Ein Jahr auf Bewährung für NPD-Chef

Günter Deckert leugnete Vergasungen im Vernichtungslager Auschwitz/ Pseudowissenschaftlicher „Leuchter-Report“ als Propagandamittel der Rechtsradikalen  ■ Aus Mannheim Susanne Wolf

Zu einer einjährigen Haftstrafe auf Bewährung und einer Geldbuße in Höhe von 10.000 Mark verurteilte das Mannheimer Landgericht den NPD-Bundesvorsitzenden Günter Deckert. Die 4.Große Strafkammer des Landgerichts sprach den 52jährigen Deckert in allen Anklagepunkten – üble Nachrede, Verunglimpfung des Andenkens Verstorbener und Volksverhetzung – für schuldig. Deckert kündigte unmittelbar nach der Urteilsverkündung Revision an.
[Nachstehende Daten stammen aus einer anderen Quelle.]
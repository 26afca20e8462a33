-- ===== src/Storage.antt =====
-- src/storage: the versions of a key, the index of all keys, the data file, and the store over them.
pub mod KeyIndex
pub mod Mvcc
pub mod Backend
pub mod KvStore
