-- ===== src/Checks/SecretScanning.antt =====
-- domain/checks.rs: `SecretScanningResult` with its metadata and probe facts.
use gh_report.Prelude.{
  ℕ, Bool, true, false, Option, none, some, Text, codes, is_some, if◌then◌else◌,
}
use gh_report.Checks.Score.{ExclusionReason, ScoreCategory}

pub data SecretScanningFailureReason : Type 0 where
  permission_denied permission_suspected rate_limited transient unavailable insufficient_evidence
        conflict invalid pending :
      SecretScanningFailureReason

pub data ProbeSource : Type 0 where
  org_summary per_repo_endpoint : ProbeSource

-- an `Option ℕ` is an HTTP status (u16)
pub data MetadataUnavailable : Type 0 where
  missing malformed : Option ℕ → MetadataUnavailable
  failure : SecretScanningFailureReason → Option ℕ → MetadataUnavailable

unfoldable pub metadata_failure_reason : MetadataUnavailable → SecretScanningFailureReason
metadata_failure_reason (missing http_status) = insufficient_evidence
metadata_failure_reason (malformed http_status) = invalid
metadata_failure_reason (failure reason http_status) = reason

pub data SecretScanningAlerts : Type 0 where
  observable : ProbeSource → Bool → Option ℕ → SecretScanningAlerts
  unobservable : ProbeSource → SecretScanningFailureReason → Option ℕ → SecretScanningAlerts

pub data EnabledProvenance : Type 0 where
  metadata : Option ℕ → SecretScanningAlerts → EnabledProvenance
  fallback : MetadataUnavailable → Bool → Option ℕ → EnabledProvenance

pub data DisabledObservation : Type 0 where
  no_mismatch : ProbeSource → Option ℕ → DisabledObservation
  status_mismatch : ProbeSource → Option ℕ → DisabledObservation
  probe_failed : ProbeSource → SecretScanningFailureReason → Option ℕ → DisabledObservation

pub data UnobservableProbe : Type 0 where
  failed : ProbeSource → SecretScanningFailureReason → Option ℕ → UnobservableProbe
  org_summary_observed : Bool → Option ℕ → UnobservableProbe

-- each ends with the timestamp
pub data SecretScanningResult : Type 0 where
  enabled : EnabledProvenance → Text → SecretScanningResult
  disabled : Option ℕ → DisabledObservation → Text → SecretScanningResult
  unobservable : MetadataUnavailable → UnobservableProbe → Text → SecretScanningResult

pub data SecretScanningStatus : Type 0 where
  enabled disabled permission_denied unknown : SecretScanningStatus

-- `PermissionDenied | PermissionSuspected`
abbrev pub is_permission : SecretScanningFailureReason → Bool
is_permission SecretScanningFailureReason.permission_denied = true
is_permission permission_suspected = true
is_permission _ = false

abbrev metadata_permission : MetadataUnavailable → Bool
metadata_permission (failure reason http_status) = is_permission reason
metadata_permission (missing http_status) = false
metadata_permission (malformed http_status) = false

abbrev probe_permission : UnobservableProbe → Bool
probe_permission (failed source reason http_status) = is_permission reason
probe_permission (org_summary_observed has_open_alerts http_status) = false

unfoldable pub status : SecretScanningResult → SecretScanningStatus
status (SecretScanningResult.enabled provenance timestamp) = SecretScanningStatus.enabled
status (SecretScanningResult.disabled http_status observation timestamp) =
    SecretScanningStatus.disabled
status (SecretScanningResult.unobservable m probe timestamp) =
    if metadata_permission m
    then SecretScanningStatus.permission_denied
    else if probe_permission probe
    then SecretScanningStatus.permission_denied
    else SecretScanningStatus.unknown

unfoldable pub timestamp_of : SecretScanningResult → Text
timestamp_of (SecretScanningResult.enabled provenance timestamp) = timestamp
timestamp_of (SecretScanningResult.disabled http_status observation timestamp) = timestamp
timestamp_of (SecretScanningResult.unobservable m probe timestamp) = timestamp

unfoldable pub with_timestamp : SecretScanningResult → Text → SecretScanningResult
with_timestamp (SecretScanningResult.enabled provenance _) t =
    SecretScanningResult.enabled provenance t
with_timestamp (SecretScanningResult.disabled http_status observation _) t =
    SecretScanningResult.disabled http_status observation t
with_timestamp (SecretScanningResult.unobservable m probe _) t =
    SecretScanningResult.unobservable m probe t

abbrev provenance_alerts : EnabledProvenance → Option Bool
provenance_alerts (metadata http_status (observable source has_open_alerts s)) =
    some has_open_alerts
provenance_alerts (metadata http_status (SecretScanningAlerts.unobservable source reason s)) = none
provenance_alerts (fallback m has_open_alerts http_status) = some has_open_alerts

unfoldable pub has_open_alerts : SecretScanningResult → Option Bool
has_open_alerts (SecretScanningResult.enabled provenance timestamp) = provenance_alerts provenance
has_open_alerts (SecretScanningResult.disabled http_status observation timestamp) = none
has_open_alerts (SecretScanningResult.unobservable m probe timestamp) = none

unfoldable pub alerts_observable : SecretScanningResult → Bool
unfolding has_open_alerts
alerts_observable r = is_some (has_open_alerts r)

abbrev is_mismatch : DisabledObservation → Bool
is_mismatch (status_mismatch source http_status) = true
is_mismatch (no_mismatch source http_status) = false
is_mismatch (probe_failed source reason http_status) = false

unfoldable pub has_status_mismatch : SecretScanningResult → Bool
has_status_mismatch (SecretScanningResult.disabled http_status observation timestamp) =
    is_mismatch observation
has_status_mismatch (SecretScanningResult.enabled provenance timestamp) = false
has_status_mismatch (SecretScanningResult.unobservable m probe timestamp) = false

abbrev provenance_failure : EnabledProvenance → Option SecretScanningFailureReason
provenance_failure (metadata http_status (SecretScanningAlerts.unobservable source reason s)) =
    some reason
provenance_failure (metadata http_status (observable source has_open_alerts s)) = none
provenance_failure (fallback m has_open_alerts http_status) = none

abbrev observation_failure : DisabledObservation → Option SecretScanningFailureReason
observation_failure (probe_failed source reason http_status) = some reason
observation_failure (no_mismatch source http_status) = none
observation_failure (status_mismatch source http_status) = none

abbrev probe_failure : MetadataUnavailable → UnobservableProbe → SecretScanningFailureReason
probe_failure m (failed source reason http_status) = reason
probe_failure m (org_summary_observed has_open_alerts http_status) = metadata_failure_reason m

unfoldable pub failure_reason : SecretScanningResult → Option SecretScanningFailureReason
unfolding metadata_failure_reason
failure_reason (SecretScanningResult.enabled provenance timestamp) = provenance_failure provenance
failure_reason (SecretScanningResult.disabled http_status observation timestamp) =
    observation_failure observation
failure_reason (SecretScanningResult.unobservable m probe timestamp) = some (probe_failure m probe)

abbrev reason_word : Option SecretScanningFailureReason → Option Text
reason_word none = none
reason_word (some SecretScanningFailureReason.permission_denied) = some (codes "permission_denied")
reason_word (some permission_suspected) = some (codes "permission_denied")
reason_word (some rate_limited) = some (codes "rate_limited")
reason_word (some transient) = some (codes "transient_error")
reason_word (some unavailable) = some (codes "alerts_unavailable")
reason_word (some insufficient_evidence) = some (codes "insufficient_evidence")
reason_word (some conflict) = some (codes "conflict")
reason_word (some invalid) = some (codes "collection_error")
reason_word (some pending) = some (codes "pending")

unfoldable pub reason_of : SecretScanningResult → Option Text
unfolding has_status_mismatch failure_reason
reason_of r =
    if has_status_mismatch r then some (codes "status_mismatch") else reason_word (failure_reason r)

-- `SecretScanningResult::unobservable`
unfoldable pub unobservable_for : SecretScanningFailureReason → Text → SecretScanningResult
unobservable_for reason timestamp =
    SecretScanningResult.unobservable (failure reason none) (failed per_repo_endpoint reason none)
      timestamp

abbrev pub unknown_exclusion : Option SecretScanningFailureReason → ExclusionReason
unknown_exclusion (some rate_limited) = ExclusionReason.other
unknown_exclusion (some transient) = ExclusionReason.other
unknown_exclusion (some invalid) = ExclusionReason.other
unknown_exclusion (some pending) = ExclusionReason.other
unknown_exclusion _ = ExclusionReason.unknown

abbrev pub score_with : SecretScanningStatus → Option SecretScanningFailureReason → ScoreCategory
score_with SecretScanningStatus.enabled reason = ScoreCategory.pass
score_with SecretScanningStatus.disabled reason = ScoreCategory.fail
score_with SecretScanningStatus.permission_denied reason =
    ScoreCategory.excluded ExclusionReason.permission_denied
score_with SecretScanningStatus.unknown reason = ScoreCategory.excluded (unknown_exclusion reason)

-- `From<&SecretScanningResult> for ScoreCategory`
unfoldable pub score : SecretScanningResult → ScoreCategory
unfolding status failure_reason
score r = score_with (status r) (failure_reason r)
Der Stadt- und Kreisrat Deckert hatte am 10. November 1991 in seiner Heimatgemeinde Weinheim (Nordbaden) eine öffentliche Veranstaltung mit dem US-amerikanischen Nazi-Revisionisten Fred Leuchter durchgeführt. Leuchter, Autor des „Leuchter- Gutachtens“, ist einer des bekanntesten Vertreter des internationalen Revisionismus. Im Auftrag des deutsch-kanadischen Neonazis Ernst Zündel flog Leuchter 1988 nach Polen. Mit einem Team inspizierte er dort die ehemaligen Konzentrationslager Majdanek und Auschwitz. Wenige Wochen später legte Leuchter seinen Bericht vor, demzufolge in den Konzentrationslagern keine Gaskammern betrieben worden seien. Der Holocaust an den europäischen Juden wurde mit dem „Leuchter-Report“ in Abrede gestellt. Das kanadische Gericht, dem Zündel im April 1988 die Ergebnisse von Leuchter vorlegte, lehnte die revisionistische Arbeit ab. David Irving, britischer Publizist und Hitler-Apologet, steuerte das Vorwort für das 1989 in London als „The Leuchter Report. The First Forensic Examination of Auschwitz“ veröffentlichte „Gutachten“ bei.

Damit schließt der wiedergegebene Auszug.